Interview mit dem Präsidenten des Zentralrats der Juden in Deutschland, Dr. Dieter Graumann, über seine Kritik an der „Linken“ und über die Öffentlichkeitsarbeit des Zentralrats

Zukunft 11. Jahrgang Nr. 7
Zukunft 11. Jahrgang Nr. 7
Im Juni hat Dr. Dieter Graumann in einem Gastbeitrag der „Süddeutschen Zeitung“ Kritik an antiisraelischen und antisemitischen Tendenzen bei der Partei „Die Linke“ geübt. Grund: Teile der Partei bezweifeln Israels Existenzrecht, rufen zum Boykott des jüdischen Staates auf und solidarisieren sich mit so genannten „Friedensaktivisten“, die Israel sogar zerstören wollen.
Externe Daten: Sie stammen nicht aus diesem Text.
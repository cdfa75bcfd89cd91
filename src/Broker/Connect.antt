-- ===== src/Broker/Connect.antt =====
-- shared/pkg/broker/rabbitmq.go: NewConnection and ConnectWithRetry.
pub mod Retry
use price_scount.Base.{ℕ, zero, suc, ◌+◌, ◌*◌, Bool, true, false, not, Option, none, some, []}
use price_scount.Broker.{
  BrokerError, dial_failed, channel_failed, qos_failed, connection_closed, gave_up, never_tried,
  Answer, done, failed, connection_closed_by, channel_opened, channel_closed, Connection, Section,
  ◌>>=◌, ◌>>◌, note, then_do, need, on_failure, unchanged,
}
use price_scount.Broker.Publisher.{Setup, open_publisher}

-- What one dial meets: the consumer's connection and channel, and the setup of the publisher.
pub record Dialing : Type 0 where
  pub connection : ℕ
  pub channel : ℕ
  pub dials : Bool
  pub opens_channel : Bool
  pub qos : Bool
  pub setup : Setup

module _ (d : Dialing) where
  abbrev pub close_consumer : Connection → Connection
  close_consumer c = note (connection_closed_by d.connection) (note (channel_closed d.channel) c)

  abbrev pub close_all : Connection → Connection
  close_all c = close_consumer (note (channel_closed d.setup.channel) c)

  -- The last section of dial: what was opened is stored.
  abbrev pub store_all : ℕ × ℕ → Connection → Connection
  store_all (pub_conn, publish_ch) c = record c {
    conn = some d.connection;
    ch = some d.channel;
    pub_conn = some pub_conn;
    publish_ch = some publish_ch;
  }

  unfoldable pub dial : Section (Unit {0})
  dial = do
    need d.dials dial_failed unchanged
    need d.opens_channel channel_failed (note (connection_closed_by d.connection))
    then_do (note (channel_opened d.channel))
    need d.qos qos_failed close_consumer
    made ← on_failure close_consumer (open_publisher d.setup)
    λ c. need (not c.closed) connection_closed close_all c
    then_do (store_all made)

  -- The connection before it is dialed.
  abbrev pub undialed : Connection
  undialed = record {
    conn = none;
    pub_conn = none;
    pub_net_conn = none;
    ch = none;
    publish_ch = none;
    confirms = none;
    returns = none;
    closed = false;
    trace = [];
  }

  unfoldable pub new_connection : Answer Connection
  new_connection =
      let (answer, c) = dial undialed in elim answer [ failed e ↦ failed e | done _ ↦ done c ]

pub record Connected : Type 0 where
  pub answer : Answer Connection
  pub attempts : ℕ
  -- Seconds.
  pub slept : ℕ

abbrev pub give_up : Option BrokerError → BrokerError
give_up none = never_tried
give_up (some e) = gave_up e

abbrev pub after_sleep : ℕ → Connected → Connected
after_sleep wait rest = record {
  answer = rest.answer;
  attempts = suc rest.attempts;
  slept = wait + rest.slept;
}

module _ (dialing : ℕ → Dialing) where
  -- The loop with the rounds left, the number of the attempt and the last error.
  unfoldable pub connect_from : ℕ → ℕ → Option BrokerError → Connected
  connect_from zero i last = record { answer = failed (give_up last); attempts = 0; slept = 0 }
  connect_from (suc left) i last = elim (new_connection (dialing i)) [
    | done c ↦ record { answer = done c; attempts = 1; slept = 0 }
    | failed e ↦ after_sleep (i * 2) (connect_from left (i + 1) (some e))
  ]

  unfoldable pub connect_with_retry : ℕ → Connected
  connect_with_retry max_attempts = connect_from max_attempts 1 none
Damit werde aber die Grenze zum Antisemitismus überschritten. Dieser Tendenz trete die Partei nicht entschlossen genug entgegen. Der Beitrag löste zahlreiche Reaktionen aus. Die ZUKUNFT sprach mit dem Präsidenten des Zentralrats über den Streit mit der „Linken“ und über Fragen der Öffentlichkeitsarbeit.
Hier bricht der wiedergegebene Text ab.